Story and photos by Spc. Jonathan Montgomery
Third U.S. Army Public Affairs Office
FORT MCPHERSON, Ga., (August 24, 2005) -- Third U.S. Army hosted the commander of the 360th Civil Affairs Brigade (Airborne) Aug. 24 at the Third U.S. Army Headquarters building at Fort McPherson, Ga., as an ongoing installment of Officer Professional Development guest speakers.
Col. Guy Sands-Pingot addressed the topic of "Civil Reconstruction in Afghanistan: Past, Present, and Possible Future Roles for Provincial Reconstruction Teams (PRTs)," to staff principals and other Third U.S. Army officers in attendance.
"We're here to look at the civil reconstruction efforts in Afghanistan, which remains, for the most part, a tribal society four years after intervention (following the 9/11 attacks)," said Sands-Pingot.
PRTs operate in Afghanistan and elsewhere as task-organized civil-military organizations tailored to the regional situation. PRTs coordinate civil and military operations in order to promote the authority and legitimacy of governments at the local, district, and provincial levels.
Afghanistan, in particular, is a place where PRTs are very active, said Sands-Pingot, since Afghans continues to face many challenges toward a strong yet infant democracy. These challenges include such things as competing ethnic groups, a tribal-based society, religious dominance and a lack of central governmental control over the local provinces.
The latter challenge, especially, has become a main sticking point for PRTs, said Sands-Pingot.
"We need to take a look through the eyes of the people of Afghanistan. For the most part, they don't see a central government. They really don't feel a central government. That central government does not provide for them the goods, services and protection that we understand in a western, secular concept," he explained. "Afghans neither expect nor demand assistance from "government"'reliance and allegiance is placed in other institutions. So, instead, they search and go back to that which they know, which is tribal allegiance, a society of obligations, based on obligations and religious aspects which control their lives."
In addition to a lacking central government, other concerns and issues such as opium cultivation and drug smuggling hurt the country's chances at true autonomy, said Sands-Pingot, as does the continued role of warlords who hold back emerging democratic ideals in Afghanistan by filling in the security gap intended for provincial police answerable to a centralized government.
"It's an obligatory type of relationship they (local Afghans) have. He (the warlord) provides a certain amount of security; and they owe an allegiance back to him for providing that security," he explained.
An insufficient police presence, therefore, is another destabilization factor, said Sands-Pingot.

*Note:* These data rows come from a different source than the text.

-- ===== src/Cluster/Interceptor.antt =====
-- The interceptors of the cluster's RPC server (src/internal/server/clusterserver/interceptor.go): who may
-- call a handler. A context carries the state of the connection that TLSMiddleware put there. What the
-- package crypto/x509 says of the chain of a certificate is an argument, and times are numbers.
pub mod Admission
mod Tests
use tokmesh_go.Base.{
  ℕ, Bool, true, false, not, ◌&&◌, Option, none, some, List, [], ◌∷◌, ltb, if◌then◌else◌,
}
use tokmesh_go.Domain.Str.{Str, str_dec, is_empty}
use tokmesh_go.GoMap
use tokmesh_go.GoMap.{GoMap}

-- `x509.Certificate`, as far as it is read here
pub record Certificate : Type 0 where
  pub common_name : Str
  pub not_before : ℕ
  pub not_after : ℕ
  pub is_ca : Bool

-- `tls.ConnectionState`, as far as it is read here
pub record ConnectionState : Type 0 where
  pub peer_certificates : List Certificate

-- The context of a call, as far as it is read here.
pub record Context : Type 0 where
  pub tls_state : Option ConnectionState

-- What the clock says at the checks of one certificate.
pub record Times : Type 0 where
  pub at_verify : ℕ
  pub at_begin : ℕ
  pub at_end : ℕ

-- Why a call is refused.
pub data Refusal : Type 0 where
  no_tls no_certificate bad_chain not_yet_valid has_expired ca_certificate : Refusal
  empty_name not_allowed : Refusal

-- What comes of a call: what the handler returns, its error included, or one of the interceptors'
-- errors, or a panic.
pub data Outcome (A : Type 0) : Type 0 where
  returned : A → Outcome A
  unauthenticated : Refusal → Outcome A
  internal : Outcome A
  panicked : Outcome A

pub record AuthInterceptor (CertPool : Type 0) : Type 0 where
  pub client_ca_pool : Option CertPool
  pub allowed_nodes : Option (GoMap Str Bool)
  pub strict_node_id_check : Bool

-- A handler works on the state of the server.
abbrev pub Handler : Type 0 → Type 0 → Type 0
Handler S A = Context → S → S × Outcome A

-- `TLSMiddleware`, given the state of the connection that the HTTP server has
unfoldable pub tls_middleware : {S A : Type 0} → Handler S A → Option ConnectionState → Handler S A
tls_middleware next none ctx s = next ctx s
tls_middleware next (some tls) ctx s = next (record ctx { tls_state = some tls }) s

-- `RecoveryInterceptor.WrapUnary`
unfoldable pub recovered : {A : Type 0} → Outcome A → Outcome A
recovered panicked = internal
recovered (returned a) = returned a
recovered (unauthenticated r) = unauthenticated r
recovered internal = internal

unfoldable pub recovery : {S A : Type 0} → Handler S A → Handler S A
recovery next ctx s = let r = next ctx s in (r.0, recovered r.1)

-- `!allowedNodes[nodeID]` of a map that is not nil
unfoldable pub is_allowed : Option (GoMap Str Bool) → Str → Bool
is_allowed none node_id = true
is_allowed (some m) node_id = elim (GoMap.get str_dec m node_id) [ none ↦ false | some b ↦ b ]

-- `UpdateAllowedNodes`
unfoldable pub update_allowed_nodes :
    {P : Type 0} → AuthInterceptor P → Option (GoMap Str Bool) → AuthInterceptor P
update_allowed_nodes i nodes = record i { allowed_nodes = nodes }

-- `NewAuthInterceptor` as `DefaultInterceptors` calls it: no pool, no list
abbrev pub default_auth : {P : Type 0} → AuthInterceptor P
default_auth = record { client_ca_pool = none; allowed_nodes = none; strict_node_id_check = false }

module _ {CertPool : Type 0} (verify : CertPool → Certificate → ℕ → Bool) where
  -- `verifyCertificate`: the error, if there is one
  unfoldable pub verify_certificate : CertPool → Times → Certificate → Option Refusal
  verify_certificate pool t cert =
      if not (verify pool cert t.at_verify)
      then some bad_chain
      else if ltb t.at_begin cert.not_before
      then some not_yet_valid
      else if ltb cert.not_after t.at_end
      then some has_expired
      else if cert.is_ca
      then some ca_certificate
      else none

  -- the end of `authenticate`, on the name of the certificate
  unfoldable pub check_node_id : AuthInterceptor CertPool → Str → Option Refusal
  check_node_id i node_id =
      if is_empty node_id
      then some empty_name
      else if i.strict_node_id_check && not (is_allowed i.allowed_nodes node_id)
      then some not_allowed
      else none

  -- `authenticate` from the certificates on
  unfoldable pub check_peer :
      AuthInterceptor CertPool → CertPool → Times → List Certificate → Option Refusal
  check_peer i pool t [] = some no_certificate
  check_peer i pool t (cert ∷ certs) = elim (verify_certificate pool t cert) [
    | some r ↦ some r
    | none ↦ check_node_id i cert.common_name
  ]

  -- `authenticate`: the error, if there is one
  unfoldable pub authenticate : AuthInterceptor CertPool → Times → Context → Option Refusal
  authenticate i t ctx = elim i.client_ca_pool [
    | none ↦ none
    | some pool ↦ elim ctx.tls_state [
      | none ↦ some no_tls
      | some tls ↦ check_peer i pool t tls.peer_certificates
    ]
  ]

  -- `AuthInterceptor.WrapUnary`
  unfoldable pub auth :
      {S A : Type 0} → AuthInterceptor CertPool → Times → Handler S A → Handler S A
  auth i t next ctx s = elim (authenticate i t ctx) [
    | some r ↦ (s, unauthenticated r)
    | none ↦ next ctx s
  ]

  -- `DefaultInterceptors` around a handler, the outermost first; the one that logs is left out
  unfoldable pub default_interceptors : {S A : Type 0} → Times → Handler S A → Handler S A
  default_interceptors t next = recovery (auth default_auth t next)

"The people there (in Afghanistan) don't see or feel the presence of their police. They know they have police, but how effective is their police? Can they walk down their streets or their compounds and know their police will be there to protect them?"
In other words, perception is reality, he said.
"People start relying on their police when the police are resourced to look like police," said Sands-Pingot. "Too often, we've seen that the police are walking around in torn sneakers, shoddy uniforms, and carrying old weapons. People don't respect them because they don't look like police and they haven't been trained as police. A lack of trained, paid, and honest police and public safety institutions continue to threaten the overall security of Afghanistan."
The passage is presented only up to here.